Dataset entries
++++

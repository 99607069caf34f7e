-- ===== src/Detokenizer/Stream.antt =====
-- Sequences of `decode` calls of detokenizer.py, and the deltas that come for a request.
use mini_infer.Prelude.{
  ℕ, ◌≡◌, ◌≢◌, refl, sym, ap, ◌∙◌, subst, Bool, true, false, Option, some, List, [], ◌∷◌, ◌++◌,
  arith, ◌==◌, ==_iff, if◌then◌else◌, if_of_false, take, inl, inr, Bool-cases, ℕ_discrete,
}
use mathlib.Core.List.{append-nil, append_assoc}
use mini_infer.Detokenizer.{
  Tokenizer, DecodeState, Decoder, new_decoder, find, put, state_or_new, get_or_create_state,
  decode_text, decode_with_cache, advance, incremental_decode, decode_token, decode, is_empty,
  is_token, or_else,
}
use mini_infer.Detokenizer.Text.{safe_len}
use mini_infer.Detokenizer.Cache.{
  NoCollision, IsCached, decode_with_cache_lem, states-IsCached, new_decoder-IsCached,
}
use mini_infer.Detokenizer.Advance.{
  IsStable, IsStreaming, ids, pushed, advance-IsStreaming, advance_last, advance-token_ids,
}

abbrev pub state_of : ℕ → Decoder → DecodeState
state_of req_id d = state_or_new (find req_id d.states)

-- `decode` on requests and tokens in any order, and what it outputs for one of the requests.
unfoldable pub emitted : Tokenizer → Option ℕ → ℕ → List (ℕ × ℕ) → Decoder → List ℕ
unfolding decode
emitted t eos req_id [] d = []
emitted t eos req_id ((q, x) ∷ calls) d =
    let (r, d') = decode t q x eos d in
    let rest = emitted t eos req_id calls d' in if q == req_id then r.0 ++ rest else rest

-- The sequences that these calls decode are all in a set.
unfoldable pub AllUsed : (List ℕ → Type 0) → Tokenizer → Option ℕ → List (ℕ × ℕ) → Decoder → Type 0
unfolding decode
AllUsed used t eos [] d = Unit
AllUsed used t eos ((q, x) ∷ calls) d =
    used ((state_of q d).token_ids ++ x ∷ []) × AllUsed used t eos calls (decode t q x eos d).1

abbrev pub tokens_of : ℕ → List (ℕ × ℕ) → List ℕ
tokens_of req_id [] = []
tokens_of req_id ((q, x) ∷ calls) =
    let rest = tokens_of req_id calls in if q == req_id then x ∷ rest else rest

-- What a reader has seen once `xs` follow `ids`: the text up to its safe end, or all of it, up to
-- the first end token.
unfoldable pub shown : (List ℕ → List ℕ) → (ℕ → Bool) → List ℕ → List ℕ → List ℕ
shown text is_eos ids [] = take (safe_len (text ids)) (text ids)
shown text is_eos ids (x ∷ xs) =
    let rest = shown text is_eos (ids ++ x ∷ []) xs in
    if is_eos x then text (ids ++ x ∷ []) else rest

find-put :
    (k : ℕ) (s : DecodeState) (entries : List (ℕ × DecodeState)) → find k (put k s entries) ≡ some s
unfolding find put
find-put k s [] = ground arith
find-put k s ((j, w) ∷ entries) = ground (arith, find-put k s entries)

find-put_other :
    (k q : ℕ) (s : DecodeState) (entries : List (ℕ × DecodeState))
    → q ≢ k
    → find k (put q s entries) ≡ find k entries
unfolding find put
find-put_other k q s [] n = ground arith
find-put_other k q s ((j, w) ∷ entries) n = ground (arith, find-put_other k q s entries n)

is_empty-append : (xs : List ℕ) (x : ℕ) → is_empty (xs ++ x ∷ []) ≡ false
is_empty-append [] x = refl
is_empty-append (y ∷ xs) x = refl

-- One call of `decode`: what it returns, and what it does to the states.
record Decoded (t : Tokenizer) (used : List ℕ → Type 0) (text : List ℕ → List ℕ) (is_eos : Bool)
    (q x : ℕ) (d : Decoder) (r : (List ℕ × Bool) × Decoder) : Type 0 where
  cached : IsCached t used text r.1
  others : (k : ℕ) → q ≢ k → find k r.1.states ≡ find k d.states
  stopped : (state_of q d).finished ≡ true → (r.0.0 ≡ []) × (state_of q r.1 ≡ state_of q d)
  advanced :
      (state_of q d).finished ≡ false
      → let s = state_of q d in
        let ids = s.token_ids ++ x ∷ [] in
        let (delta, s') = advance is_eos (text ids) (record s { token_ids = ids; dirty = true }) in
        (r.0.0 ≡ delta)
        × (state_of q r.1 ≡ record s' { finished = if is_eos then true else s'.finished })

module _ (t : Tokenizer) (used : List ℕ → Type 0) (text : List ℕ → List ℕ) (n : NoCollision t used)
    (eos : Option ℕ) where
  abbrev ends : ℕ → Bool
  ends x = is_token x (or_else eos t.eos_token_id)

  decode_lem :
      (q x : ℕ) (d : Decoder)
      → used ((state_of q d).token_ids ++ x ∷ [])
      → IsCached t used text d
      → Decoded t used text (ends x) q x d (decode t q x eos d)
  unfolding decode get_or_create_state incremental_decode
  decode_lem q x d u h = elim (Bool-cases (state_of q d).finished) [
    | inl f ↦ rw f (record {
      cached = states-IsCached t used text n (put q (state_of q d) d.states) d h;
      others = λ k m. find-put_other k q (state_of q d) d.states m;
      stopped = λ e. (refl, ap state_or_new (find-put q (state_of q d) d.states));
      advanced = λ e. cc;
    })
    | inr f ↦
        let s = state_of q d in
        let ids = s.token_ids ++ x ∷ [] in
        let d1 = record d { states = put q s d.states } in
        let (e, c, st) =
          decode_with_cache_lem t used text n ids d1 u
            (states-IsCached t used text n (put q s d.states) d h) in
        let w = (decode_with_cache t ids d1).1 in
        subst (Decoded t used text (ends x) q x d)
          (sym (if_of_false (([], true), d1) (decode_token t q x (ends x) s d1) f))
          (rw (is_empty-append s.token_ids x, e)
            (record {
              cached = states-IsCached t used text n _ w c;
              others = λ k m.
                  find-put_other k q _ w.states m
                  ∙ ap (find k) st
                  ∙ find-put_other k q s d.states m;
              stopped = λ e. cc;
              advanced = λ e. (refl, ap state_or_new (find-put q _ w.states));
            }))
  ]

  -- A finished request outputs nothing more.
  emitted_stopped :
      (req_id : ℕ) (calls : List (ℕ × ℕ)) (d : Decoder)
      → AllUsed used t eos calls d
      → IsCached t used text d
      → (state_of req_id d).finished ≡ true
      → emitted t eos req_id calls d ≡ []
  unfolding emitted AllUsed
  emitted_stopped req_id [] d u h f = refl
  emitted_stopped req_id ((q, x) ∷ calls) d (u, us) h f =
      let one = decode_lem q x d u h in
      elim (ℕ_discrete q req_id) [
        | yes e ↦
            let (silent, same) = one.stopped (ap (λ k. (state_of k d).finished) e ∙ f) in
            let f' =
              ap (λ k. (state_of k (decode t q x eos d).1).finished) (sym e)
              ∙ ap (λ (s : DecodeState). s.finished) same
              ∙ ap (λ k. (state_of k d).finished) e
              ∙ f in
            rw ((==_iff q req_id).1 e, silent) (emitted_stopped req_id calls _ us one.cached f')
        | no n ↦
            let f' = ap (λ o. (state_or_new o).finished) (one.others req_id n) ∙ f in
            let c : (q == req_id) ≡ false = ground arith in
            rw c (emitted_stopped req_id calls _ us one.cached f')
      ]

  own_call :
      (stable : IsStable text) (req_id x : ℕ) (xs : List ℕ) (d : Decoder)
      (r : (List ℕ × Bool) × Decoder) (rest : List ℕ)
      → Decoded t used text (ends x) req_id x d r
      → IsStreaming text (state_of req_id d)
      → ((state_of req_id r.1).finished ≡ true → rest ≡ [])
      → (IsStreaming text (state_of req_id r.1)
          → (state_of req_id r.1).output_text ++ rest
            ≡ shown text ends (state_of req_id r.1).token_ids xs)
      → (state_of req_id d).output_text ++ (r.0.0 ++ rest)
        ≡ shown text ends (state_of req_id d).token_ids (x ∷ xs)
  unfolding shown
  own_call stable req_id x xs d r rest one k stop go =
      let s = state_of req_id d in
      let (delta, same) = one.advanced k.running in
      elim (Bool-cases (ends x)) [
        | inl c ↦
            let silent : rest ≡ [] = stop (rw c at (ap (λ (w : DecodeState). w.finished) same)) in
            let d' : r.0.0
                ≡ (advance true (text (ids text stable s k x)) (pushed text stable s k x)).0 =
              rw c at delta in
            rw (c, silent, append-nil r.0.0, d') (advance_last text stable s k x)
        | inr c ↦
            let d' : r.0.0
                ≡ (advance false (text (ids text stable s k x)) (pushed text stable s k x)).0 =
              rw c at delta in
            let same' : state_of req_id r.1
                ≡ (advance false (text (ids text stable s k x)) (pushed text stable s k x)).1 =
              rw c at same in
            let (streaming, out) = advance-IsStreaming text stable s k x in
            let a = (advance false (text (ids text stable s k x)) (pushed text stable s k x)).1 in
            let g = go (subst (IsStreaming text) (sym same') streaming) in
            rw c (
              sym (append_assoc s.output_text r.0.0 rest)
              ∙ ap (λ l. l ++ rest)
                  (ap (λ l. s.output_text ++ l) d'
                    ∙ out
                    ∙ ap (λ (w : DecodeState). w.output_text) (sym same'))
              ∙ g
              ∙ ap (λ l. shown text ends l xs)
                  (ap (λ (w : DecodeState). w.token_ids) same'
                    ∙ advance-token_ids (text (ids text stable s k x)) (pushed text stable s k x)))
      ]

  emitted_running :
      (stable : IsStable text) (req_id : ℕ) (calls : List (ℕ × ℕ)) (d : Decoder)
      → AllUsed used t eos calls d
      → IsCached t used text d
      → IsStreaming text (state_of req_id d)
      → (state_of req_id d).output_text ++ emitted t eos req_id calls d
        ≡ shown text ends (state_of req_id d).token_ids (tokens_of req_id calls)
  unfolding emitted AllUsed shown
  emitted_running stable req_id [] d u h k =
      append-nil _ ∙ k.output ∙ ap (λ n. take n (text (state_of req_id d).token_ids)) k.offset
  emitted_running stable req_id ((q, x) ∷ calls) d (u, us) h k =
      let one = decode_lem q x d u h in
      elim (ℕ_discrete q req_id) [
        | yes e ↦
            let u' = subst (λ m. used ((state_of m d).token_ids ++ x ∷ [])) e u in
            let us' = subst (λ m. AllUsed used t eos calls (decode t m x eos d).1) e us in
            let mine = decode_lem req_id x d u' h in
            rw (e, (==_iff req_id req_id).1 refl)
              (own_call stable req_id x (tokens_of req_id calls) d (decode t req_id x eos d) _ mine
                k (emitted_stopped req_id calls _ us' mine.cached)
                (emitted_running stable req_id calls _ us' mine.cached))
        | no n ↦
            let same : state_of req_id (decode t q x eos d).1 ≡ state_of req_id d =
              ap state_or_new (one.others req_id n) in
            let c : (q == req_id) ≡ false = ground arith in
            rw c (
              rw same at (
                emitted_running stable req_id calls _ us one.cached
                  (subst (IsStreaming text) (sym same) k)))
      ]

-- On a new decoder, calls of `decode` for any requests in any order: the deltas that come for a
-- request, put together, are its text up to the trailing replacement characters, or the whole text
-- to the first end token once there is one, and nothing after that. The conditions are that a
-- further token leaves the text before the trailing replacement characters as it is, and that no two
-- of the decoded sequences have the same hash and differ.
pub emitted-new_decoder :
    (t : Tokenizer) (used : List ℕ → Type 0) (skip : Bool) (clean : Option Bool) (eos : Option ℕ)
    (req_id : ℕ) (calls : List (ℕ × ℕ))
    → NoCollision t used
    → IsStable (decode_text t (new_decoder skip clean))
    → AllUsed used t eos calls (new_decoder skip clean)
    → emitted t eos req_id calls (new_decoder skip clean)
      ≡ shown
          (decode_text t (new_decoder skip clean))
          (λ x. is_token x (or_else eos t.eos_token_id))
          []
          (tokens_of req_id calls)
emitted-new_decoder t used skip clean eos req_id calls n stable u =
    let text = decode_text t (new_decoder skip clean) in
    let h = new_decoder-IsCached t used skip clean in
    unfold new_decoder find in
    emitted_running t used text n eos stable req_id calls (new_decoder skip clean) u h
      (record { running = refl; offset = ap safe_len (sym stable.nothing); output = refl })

++++

Exercise requirements
In the data above, find the line that contains "emitted_stopped req_id ((q, x)" and the line that contains "(advance true (text". Repeat exactly those lines and every line between them, and only those.

Written response
  emitted_stopped req_id ((q, x) ∷ calls) d (u, us) h f =
      let one = decode_lem q x d u h in
      elim (ℕ_discrete q req_id) [
        | yes e ↦
            let (silent, same) = one.stopped (ap (λ k. (state_of k d).finished) e ∙ f) in
            let f' =
              ap (λ k. (state_of k (decode t q x eos d).1).finished) (sym e)
              ∙ ap (λ (s : DecodeState). s.finished) same
              ∙ ap (λ k. (state_of k d).finished) e
              ∙ f in
            rw ((==_iff q req_id).1 e, silent) (emitted_stopped req_id calls _ us one.cached f')
        | no n ↦
            let f' = ap (λ o. (state_or_new o).finished) (one.others req_id n) ∙ f in
            let c : (q == req_id) ≡ false = ground arith in
            rw c (emitted_stopped req_id calls _ us one.cached f')
      ]

  own_call :
      (stable : IsStable text) (req_id x : ℕ) (xs : List ℕ) (d : Decoder)
      (r : (List ℕ × Bool) × Decoder) (rest : List ℕ)
      → Decoded t used text (ends x) req_id x d r
      → IsStreaming text (state_of req_id d)
      → ((state_of req_id r.1).finished ≡ true → rest ≡ [])
      → (IsStreaming text (state_of req_id r.1)
          → (state_of req_id r.1).output_text ++ rest
            ≡ shown text ends (state_of req_id r.1).token_ids xs)
      → (state_of req_id d).output_text ++ (r.0.0 ++ rest)
        ≡ shown text ends (state_of req_id d).token_ids (x ∷ xs)
  unfolding shown
  own_call stable req_id x xs d r rest one k stop go =
      let s = state_of req_id d in
      let (delta, same) = one.advanced k.running in
      elim (Bool-cases (ends x)) [
        | inl c ↦
            let silent : rest ≡ [] = stop (rw c at (ap (λ (w : DecodeState). w.finished) same)) in
            let d' : r.0.0
                ≡ (advance true (text (ids text stable s k x)) (pushed text stable s k x)).0 =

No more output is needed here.